288. Tous ces effets de l'envoi en possession définitif ne se produisant que lorsqu'il a été prononcé par la justice (art. 129, C. civ.), l'existence des conditions dans lesquelles on peut le solliciter, ne les entraineraient pas. Il est cependant un effet qui se produirait, dès l'accomplissement de ces conditions, même en dehors d'envoi en possession. « Les cautions [des envoyés en possession provisoire] seront déchargées » (art. 129, C. civ.).

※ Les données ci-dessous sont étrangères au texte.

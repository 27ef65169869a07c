-- ===== src/Formula/Tests.antt =====
-- Runs of the reader of clauses.
use ignore_gates.Prelude.{◌≡◌, ◌↔◌, true, ◌&&◌, [], ◌∷◌, all}
use ignore_gates.Types.{Assignment, clause_true}
use ignore_gates.Formula.{empty, read_clause, read_clauses, formula_true}
use ignore_gates.Formula.Meaning.{read_clauses-true}
use ignore_gates.Formula.Shape.{IsValid, read_clauses-IsValid, read_clause_skips}
use ignore_gates.Gates.Tests.{and_clauses, empty-IsValid, all_true}

read_clauses-true_example :
    formula_true all_true (read_clauses empty and_clauses).formula
    ≡ (formula_true all_true empty.formula && all (clause_true all_true) and_clauses)
read_clauses-true_example = read_clauses-true all_true empty and_clauses

read_clauses-IsValid_example : IsValid (read_clauses empty and_clauses)
read_clauses-IsValid_example = read_clauses-IsValid empty and_clauses empty-IsValid

read_clause_skips_example :
    (read_clause empty (4 ∷ 2 ∷ 5 ∷ []) ≡ empty)
    ↔ ((α : Assignment) → clause_true α (4 ∷ 2 ∷ 5 ∷ []) ≡ true)
read_clause_skips_example = read_clause_skips empty (4 ∷ 2 ∷ 5 ∷ [])
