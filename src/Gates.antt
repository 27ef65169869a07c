-- ===== src/Gates.antt =====
-- cnftools/src/gates: finding the gates of a problem.
pub mod Occurrences
pub mod BlockList
pub mod Recognition
pub mod Structure
pub mod Analyzer
pub mod Tests
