-- ===== src/Gates/Analyzer.antt =====
-- cnftools/src/gates/GateAnalyzer.h: the search for gates, from the roots down.
-- Three things come from outside: `solve` is the SAT solver, `within n` says whether the n-th poll of
-- the resource limits passes, and `order` is the order in which the set `frontier` is walked.
-- Both loops run on fuel. The clock of `analyze` is the function `timed_out` of the round.
pub mod Ends
pub mod Accounts
pub mod Rounds
pub mod Remainder
pub mod Taking
pub mod Whole
mod Tests
use ignore_gates.Prelude.{
  ℕ, zero, suc, ◌+◌, Bool, true, false, not, ◌&&◌, List, [], ◌∷◌, ◌++◌, ◌==◌, ltb, if◌then◌else◌,
  length, elem,
}
use ignore_gates.Types.{Cl, neg, var}
use ignore_gates.Types.Int.{ℤ}
use ignore_gates.Formula.{Clause, For, CnfFormula, n_vars}
use ignore_gates.Gates.Occurrences
use ignore_gates.Gates.Occurrences.{OccurrenceList, is_blocked_set, remove, estimate_roots}
use ignore_gates.Gates.Recognition.{
  GateType, none_type, generic, mono, and_gate, or_gate, triv, eqiv, full, Solver, ipasir_init,
  literals, constrain_same_input_variables, f_pattern, f_semantic, get_input_literals,
}
use ignore_gates.Gates.Structure
use ignore_gates.Gates.Structure.{GateFormula, add_root, add_gate, get_gate}

pub record Analyzer : Type 0 where
  pub solver : Solver
  pub gate_formula : GateFormula
  pub index : OccurrenceList
  pub patterns : Bool
  pub semantic : Bool
  pub polls : ℕ

-- The constructor.
unfoldable pub init : CnfFormula → Bool → Bool → Analyzer
init formula patterns semantic = record {
  solver = ipasir_init;
  gate_formula = Structure.init (n_vars formula);
  index = Occurrences.init formula;
  patterns = patterns;
  semantic = semantic;
  polls = 0;
}

abbrev pub is_none : GateType → Bool
is_none none_type = true
is_none _ = false

-- The first part of `checkAddGate`, under its outer test: the pattern, where patterns are on and
-- both sides name the same inputs.
pattern_type : Analyzer → ℕ → For → For → GateType
pattern_type a out fwd bwd =
    let input_size = constrain_same_input_variables out fwd bwd in
    if a.patterns && ltb 0 input_size then f_pattern out fwd bwd input_size else none_type

-- The second part: the semantic check, where no pattern fits.
semantic_type :
    (List (List ℤ) → List ℤ → ℕ) → Analyzer → ℕ → For → For → GateType → Solver × GateType
semantic_type solve a out fwd bwd type =
    if is_none type && a.semantic && ltb 1 (length fwd) && ltb 1 (length bwd)
    then f_semantic solve a.solver out fwd bwd
    else (a.solver, type)

pub gate_type : (List (List ℤ) → List ℤ → ℕ) → Analyzer → ℕ → Solver × GateType
unfolding pattern_type semantic_type
gate_type solve a out =
    let fwd = a.index.index (neg out) in
    let bwd = a.index.index out in
    if ltb 0 (length fwd) && is_blocked_set a.index out
    then semantic_type solve a out fwd bwd (pattern_type a out fwd bwd)
    else (a.solver, none_type)

-- `checkAddGate(out)`
unfoldable pub check_add_gate : (List (List ℤ) → List ℤ → ℕ) → Analyzer → ℕ → Analyzer × Bool
unfolding gate_type
check_add_gate solve a out =
    let (solver, type) = gate_type solve a out in
    let fwd = a.index.index (neg out) in
    if is_none type then (record a { solver = solver }, false) else (
      record a {
        solver = solver;
        gate_formula =
            add_gate a.gate_formula type out fwd (a.index.index out)
              (get_input_literals (neg out) fwd);
      },
      true,
    )

-- `frontier.insert(begin, end)`
insert_all : List ℕ → Cl → List ℕ
insert_all set [] = set
insert_all set (l ∷ ls) = insert_all (if elem l set then set else set ++ (l ∷ [])) ls

-- What `gate_recognition` does with one candidate.
pub try_candidate : (List (List ℤ) → List ℤ → ℕ) → Analyzer × List ℕ → ℕ → Analyzer × List ℕ
unfolding check_add_gate insert_all
try_candidate solve (a, frontier) candidate =
    let (b, found) = check_add_gate solve a candidate in
    let gate = get_gate b.gate_formula candidate in
    if found
    then (
      record b { index = remove (remove b.index gate.fwd) gate.bwd },
      insert_all frontier gate.inp,
    )
    else (b, frontier)

pub try_candidates : (List (List ℤ) → List ℤ → ℕ) → Analyzer × List ℕ → List ℕ → Analyzer × List ℕ
unfolding try_candidate
try_candidates solve s [] = s
try_candidates solve s (c ∷ cs) = try_candidates solve (try_candidate solve s c) cs

-- How a loop ends: by its own test, by the exception of the limits, or for want of fuel.
pub data Outcome : Type 0 where
  finished : Analyzer → Outcome
  limits_exceeded : Outcome
  out_of_fuel : Outcome

-- `gate_recognition(roots)`
unfoldable pub gate_recognition :
    (List (List ℤ) → List ℤ → ℕ) → (ℕ → Bool) → (List ℕ → List ℕ) → ℕ → Analyzer → List ℕ → Outcome
unfolding try_candidates
gate_recognition solve within order zero a candidates = out_of_fuel
gate_recognition solve within order (suc fuel) a [] = finished a
gate_recognition solve within order (suc fuel) a (c ∷ cs) =
    let polled = record a { polls = suc a.polls } in
    let next = try_candidates solve (polled, []) (c ∷ cs) in
    let rest = gate_recognition solve within order fuel next.0 (order next.1) in
    if within a.polls then rest else limits_exceeded

pub add_roots : GateFormula → For → GateFormula
add_roots g [] = g
add_roots g (c ∷ cs) = add_roots (add_root g c) cs

pub insert_clauses : For → For → For
insert_clauses set [] = set
insert_clauses set (c ∷ cs) =
    insert_clauses (if Occurrences.Live.has_ptr c.ptr set then set else set ++ (c ∷ [])) cs

-- The set of all clauses that the index still lists, for the literals below `n`.
pub collect_remainder : Occurrences.Index → ℕ → For
unfolding insert_clauses
collect_remainder ix zero = []
collect_remainder ix (suc n) = insert_clauses (collect_remainder ix n) (ix n)

unfoldable pub finish : Analyzer → Analyzer
unfolding collect_remainder
finish a =
    let g = a.gate_formula in
    record a {
      gate_formula = record g {
        remainder = g.remainder ++ collect_remainder a.index.index a.index.size;
      };
    }

-- The outer loop of `analyze`, with the roots of this round; `inner` is the fuel of each
-- `gate_recognition`, and `timed_out` is what the clock says after each round.
pub analyze_loop :
    (List (List ℤ) → List ℤ → ℕ)
    → (ℕ → Bool)
    → (List ℕ → List ℕ)
    → (ℕ → Bool)
    → ℕ
    → ℕ
    → Analyzer
    → For
    → Bool
    → Outcome
unfolding finish add_roots gate_recognition
analyze_loop solve within order timed_out inner zero a roots late = out_of_fuel
analyze_loop solve within order timed_out inner (suc fuel) a [] late = finished (finish a)
analyze_loop solve within order timed_out inner (suc fuel) a (c ∷ cs) true = finished (finish a)
analyze_loop solve within order timed_out inner (suc fuel) a (c ∷ cs) false =
    let rooted = record a { gate_formula = add_roots a.gate_formula (c ∷ cs) } in
    elim (gate_recognition solve within order inner rooted (literals (c ∷ cs))) [
      | finished b ↦
          let (index, roots) = estimate_roots b.index in
          analyze_loop solve within order timed_out inner fuel (record b { index = index }) roots
            (timed_out fuel)
      | limits_exceeded ↦ limits_exceeded
      | out_of_fuel ↦ out_of_fuel
    ]

-- `analyze()`
unfoldable pub analyze :
    (List (List ℤ) → List ℤ → ℕ)
    → (ℕ → Bool)
    → (List ℕ → List ℕ)
    → (ℕ → Bool)
    → ℕ
    → ℕ
    → Analyzer
    → Outcome
unfolding analyze_loop
analyze solve within order timed_out inner fuel a =
    let (index, roots) = estimate_roots a.index in
    analyze_loop solve within order timed_out inner fuel (record a { index = index }) roots false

On n'a pas voulu les laisser indéfiniment sous le coup de la responsabilité prise; elles sont déchargées d'une manière absolue pour le passé et l'avenir tant pis pour l'absent, s'il n'a pas donné de ses nouvelles ni formé aucune réclamation; il se trouvera en présence des envoyés seuls responsables; cette solution est conforme à la nature du cautionnement, qui n'a été fourni qu'en vue d'une administration d'une étendue déterminée.

II. L'ABSENT EST MARIE

289. Si l'absent est marié, le mariage peut modifier sur quelques points l'application des principes que nous venons d'étudier. L'article 124 du Code civil indique ces modifications: pour les comprendre, il faut dans un paragraphe premier étudier les divers régimes nuptiaux sous lesquels les époux peuvent être placés, et dans un second expliquer l'ar

ticle 124.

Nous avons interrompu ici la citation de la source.